Outreach workers need all the information they can get. It takes time to build trust with homeless persons, who won't always be forthcoming if they recently left a detox program in one area or stayed overnight in another. StreetSmart collects that data and makes it accessible to multiple workers who might come in contact with the same person. But it's also sensitive to homeless persons' privacy, locking medical information away from anyone without authorization.

There's obvious advantages to giving the city a macroscopic view of homeless patterns and activity spikes -- it's the classic data-as-a-golden-bullet method of sifting through tons of information to understand a population's behaviors and trouble points. There are clear conclusions to reach when looking at what areas are more impacted, or which shelter locations are underperforming, or which outreach workers are having greater success at repeat check-ins with the homeless.

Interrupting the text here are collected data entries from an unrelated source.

-- ===== src/Diagnosis/Groups/Partition.antt =====
-- Every crash is in at most one group, and in the best supported one that explains it.
use nff_core.Prelude.{
  ℕ, suc, ◌≤◌, leb, Bool, true, false, not, ◌||◌, List, [], ◌∷◌, ◌++◌, String, ◌==◌, string_eq,
  if◌then◌else◌, All, All-weaken, All-among, select-All, Among, Among-select_intro, ◌≡◌, refl, sym,
  ◌∙◌, subst, inl, inr, Bool-cases, arith, eq_iff, leb→le, any-elim,
}
use nff_core.Diagnosis.Cluster.{TimelineEntry}
use nff_core.Diagnosis.Groups.{
  Hypothesis, DeviceGroup, is_member, is_validated, insert_strongest, strongest_first, group_of,
  open_members, is_nothing, collect, build_groups,
}

-- No crash of a group is in a later one.
abbrev pub AreDisjoint : List DeviceGroup → Type 0
AreDisjoint [] = Unit
AreDisjoint (g ∷ gs) =
    All
      (λ (h : DeviceGroup).
        All (λ (c : String). is_member c g.member_crash_ids ≡ false) h.member_crash_ids)
      gs
    × AreDisjoint gs

-- The crash is in a group at least as well supported as the hypothesis.
abbrev pub IsExplained : String → ℕ → List DeviceGroup → Type 0
IsExplained c confidence gs =
    (g : DeviceGroup) × Among g gs × Among c g.member_crash_ids × (confidence ≤ g.confidence)

member_append :
    (c : String) (xs ys : List String) → is_member c (xs ++ ys) ≡ (is_member c xs || is_member c ys)
member_append c [] ys = refl
member_append c (x ∷ xs) ys = ground (arith, member_append c xs ys)

unclaimed :
    (h : Hypothesis) (claimed : List String)
    → All (λ (c : String). is_member c claimed ≡ false) (open_members h claimed)
unfolding open_members
unclaimed h claimed = elim (Bool-cases (is_validated h.status)) [
  | inr e ↦ rw e tt
  | inl e ↦ rw e (
      All-weaken _ (λ (c : String) (q : not (is_member c claimed) ≡ true). ground arith)
        (select-All (λ (c : String). not (is_member c claimed)) h.matching_crashers))
]

module _ (timeline : List TimelineEntry) where
  Fresh : List String → DeviceGroup → Type 0
  Fresh claimed g = All (λ (c : String). is_member c claimed ≡ false) g.member_crash_ids

  later_fresh :
      (members claimed : List String) (gs : List DeviceGroup)
      → All (Fresh (members ++ claimed)) gs
      → All (Fresh claimed) gs × All (Fresh members) gs
  unfolding Fresh
  later_fresh members claimed gs h = (
    All-weaken gs
        (λ (g : DeviceGroup) q.
          All-weaken g.member_crash_ids
            (λ (c : String) (r : is_member c (members ++ claimed) ≡ false).
              ground (arith, member_append c members claimed))
            q)
        h,
    All-weaken gs
        (λ (g : DeviceGroup) q.
          All-weaken g.member_crash_ids
            (λ (c : String) (r : is_member c (members ++ claimed) ≡ false).
              ground (arith, member_append c members claimed))
            q)
        h,
  )

  collect-Fresh :
      (number : ℕ) (claimed : List String) (hs : List Hypothesis)
      → All (Fresh claimed) (collect timeline number claimed hs)
        × AreDisjoint (collect timeline number claimed hs)
  unfolding collect Fresh group_of
  collect-Fresh number claimed [] = (tt, tt)
  collect-Fresh number claimed (h ∷ hs) =
      let members = open_members h claimed in
      elim (Bool-cases (is_nothing members)) [
        | inl e ↦ rw e (
            let ih = collect-Fresh number (members ++ claimed) hs in
            ((later_fresh members claimed _ ih.0).0, ih.1))
        | inr e ↦ rw e (
            let ih = collect-Fresh (suc number) (members ++ claimed) hs in
            let (of_claimed, of_members) = later_fresh members claimed _ ih.0 in
            ((unclaimed h claimed, of_claimed), (of_members, ih.1)))
      ]

  -- Whatever the hypotheses claim, no crash is in two groups.
  pub build_groups-AreDisjoint : (hyps : List Hypothesis) → AreDisjoint (build_groups hyps timeline)
  unfolding build_groups
  build_groups-AreDisjoint hyps = (collect-Fresh 0 [] (strongest_first hyps)).1

abbrev IsDescending : List Hypothesis → Type 0
IsDescending [] = Unit
IsDescending (h ∷ hs) = All (λ (k : Hypothesis). k.confidence ≤ h.confidence) hs × IsDescending hs

All-inserted :
    (bound : ℕ) (h : Hypothesis) (hs : List Hypothesis)
    → h.confidence ≤ bound
    → All (λ (k : Hypothesis). k.confidence ≤ bound) hs
    → All (λ (k : Hypothesis). k.confidence ≤ bound) (insert_strongest h hs)
unfolding insert_strongest
All-inserted bound h [] p q = (p, tt)
All-inserted bound h (k ∷ ks) p q = elim (Bool-cases (leb k.confidence h.confidence)) [
  | inl e ↦ rw e (p, q)
  | inr e ↦ rw e (q.0, All-inserted bound h ks p q.1)
]

insert-IsDescending :
    (h : Hypothesis) (hs : List Hypothesis) → IsDescending hs → IsDescending (insert_strongest h hs)
unfolding insert_strongest
insert-IsDescending h [] d = (tt, tt)
insert-IsDescending h (k ∷ ks) d = elim (Bool-cases (leb k.confidence h.confidence)) [
  | inl e ↦
      let le : k.confidence ≤ h.confidence = leb→le k.confidence h.confidence e in
      rw e (
        (le, All-weaken ks (λ (x : Hypothesis) (q : x.confidence ≤ k.confidence). omega arith) d.0),
        d,
      )
  | inr e ↦ rw e (All-inserted k.confidence h ks (ground arith) d.0, insert-IsDescending h ks d.1)
]

strongest_first-IsDescending : (hs : List Hypothesis) → IsDescending (strongest_first hs)
unfolding strongest_first
strongest_first-IsDescending [] = tt
strongest_first-IsDescending (h ∷ hs) =
    insert-IsDescending h (strongest_first hs) (strongest_first-IsDescending hs)

Among-inserted :
    (x h : Hypothesis) (hs : List Hypothesis) → Among x (h ∷ hs) → Among x (insert_strongest h hs)
unfolding insert_strongest
Among-inserted x h [] m = m
Among-inserted x h (k ∷ ks) m = elim (Bool-cases (leb k.confidence h.confidence)) [
  | inl e ↦ rw e m
  | inr e ↦ rw e (elim m [
    | inl here ↦ inr (Among-inserted x h ks (inl here))
    | inr later ↦ elim later [
      | inl at_k ↦ inl at_k
      | inr in_ks ↦ inr (Among-inserted x h ks (inr in_ks))
    ]
  ])
]

Among-strongest_first :
    (x : Hypothesis) (hs : List Hypothesis) → Among x hs → Among x (strongest_first hs)
unfolding strongest_first
Among-strongest_first x [] m = m
Among-strongest_first x (h ∷ hs) (inl e) = Among-inserted x h (strongest_first hs) (inl e)
Among-strongest_first x (h ∷ hs) (inr m) =
    Among-inserted x h (strongest_first hs) (inr (Among-strongest_first x hs m))

Among-member : (c : String) (xs : List String) → is_member c xs ≡ true → Among c xs
Among-member c xs h =
    let (d, m, e) = any-elim (λ (d : String). d == c) xs h in
    subst (λ k. Among k xs) ((eq_iff d c).0 e) m

Among-nothing : (c : String) (xs : List String) → is_nothing xs ≡ true → Among c xs → ⊥
unfolding is_nothing
Among-nothing c [] h m = m
Among-nothing c (x ∷ xs) h m = cc

module _ (timeline : List TimelineEntry) (x : Hypothesis) (c : String)
    (is : is_validated x.status ≡ true) (matches : Among c x.matching_crashers) where
  IsExplained-here :
      (number : ℕ) (h : Hypothesis) (members : List String) (later : List DeviceGroup)
      → Among c members
      → x.confidence ≤ h.confidence
      → IsExplained c x.confidence
          (if is_nothing members then later else group_of number h members timeline ∷ later)
  unfolding group_of
  IsExplained-here number h members later m le = elim (Bool-cases (is_nothing members)) [
    | inl e ↦ absurd (Among-nothing c members e m)
    | inr e ↦ rw e (group_of number h members timeline, inl refl, m, le)
  ]

  IsExplained-later :
      (b : Bool) (g : DeviceGroup) (later : List DeviceGroup)
      → IsExplained c x.confidence later
      → IsExplained c x.confidence (if b then later else g ∷ later)
  IsExplained-later true g later h = h
  IsExplained-later false g later (k, m, among, le) = (k, inr m, among, le)

  own_members :
      (h : Hypothesis) (claimed : List String)
      → h ≡ x
      → is_member c claimed ≡ false
      → Among c (open_members h claimed)
  unfolding open_members
  own_members h claimed e free =
      subst (λ k. Among c (open_members k claimed)) (sym e)
        (rw is (
          Among-select_intro (λ (c : String). not (is_member c claimed)) x.matching_crashers c
            matches (rw free refl)))

  collect-IsExplained :
      (number : ℕ) (claimed : List String) (hs : List Hypothesis)
      → IsDescending hs
      → Among x hs
      → is_member c claimed ≡ false
      → IsExplained c x.confidence (collect timeline number claimed hs)
  unfolding collect group_of
  collect-IsExplained number claimed [] d m free = absurd m
  collect-IsExplained number claimed (h ∷ hs) d (inl e) free =
      IsExplained-here number h (open_members h claimed) _ (own_members h claimed e free)
        (subst (λ (k : Hypothesis). x.confidence ≤ k.confidence) (sym e) (omega arith))
  collect-IsExplained number claimed (h ∷ hs) d (inr m) free =
      let members = open_members h claimed in
      elim (Bool-cases (is_member c members)) [
        | inl e ↦
            IsExplained-here number h members _ (Among-member c members e)
              (All-among (λ (k : Hypothesis). k.confidence ≤ h.confidence) hs x d.0 m)
        | inr e ↦ IsExplained-later (is_nothing members) (group_of number h members timeline) _ (
            collect-IsExplained (if is_nothing members then number else suc number)
              (members ++ claimed) hs d.1 m (member_append c members claimed ∙ rw e free))
      ]

  -- Every crash that a validated hypothesis matches is in a group, one whose hypothesis has at least the same
  -- confidence.
  pub build_groups-IsExplained :
      (hyps : List Hypothesis)
      → Among x hyps
      → IsExplained c x.confidence (build_groups hyps timeline)
  unfolding build_groups
  build_groups-IsExplained hyps m =
      collect-IsExplained 0 [] (strongest_first hyps) (strongest_first-IsDescending hyps)
        (Among-strongest_first x hyps m) refl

But it also speaks to our obsession with finding a tech solution for complex problems. StreetSmart might host a comprehensive collection of data, but it hinges on outreach workers to collect it in the first place. And once the city has amassed the info -- what then? It might just confirm the positions of homeless advocates, who tell Wired that the root of the problem lies in the city's lack of affordable housing.

Tech has tried to solve civic problems before, often with odd results, like the kewpie robot concept that was designed to beg on the street. Last September, New York shut down web browsing from its own LinkNYC kiosks because the vagrant population hogged them for both benign and indecent internet use. StreetSmart is obviously more of a structural solution than these other flops, but other shortsighted decisions could limit the effectiveness of another tech answer to a complex urban question.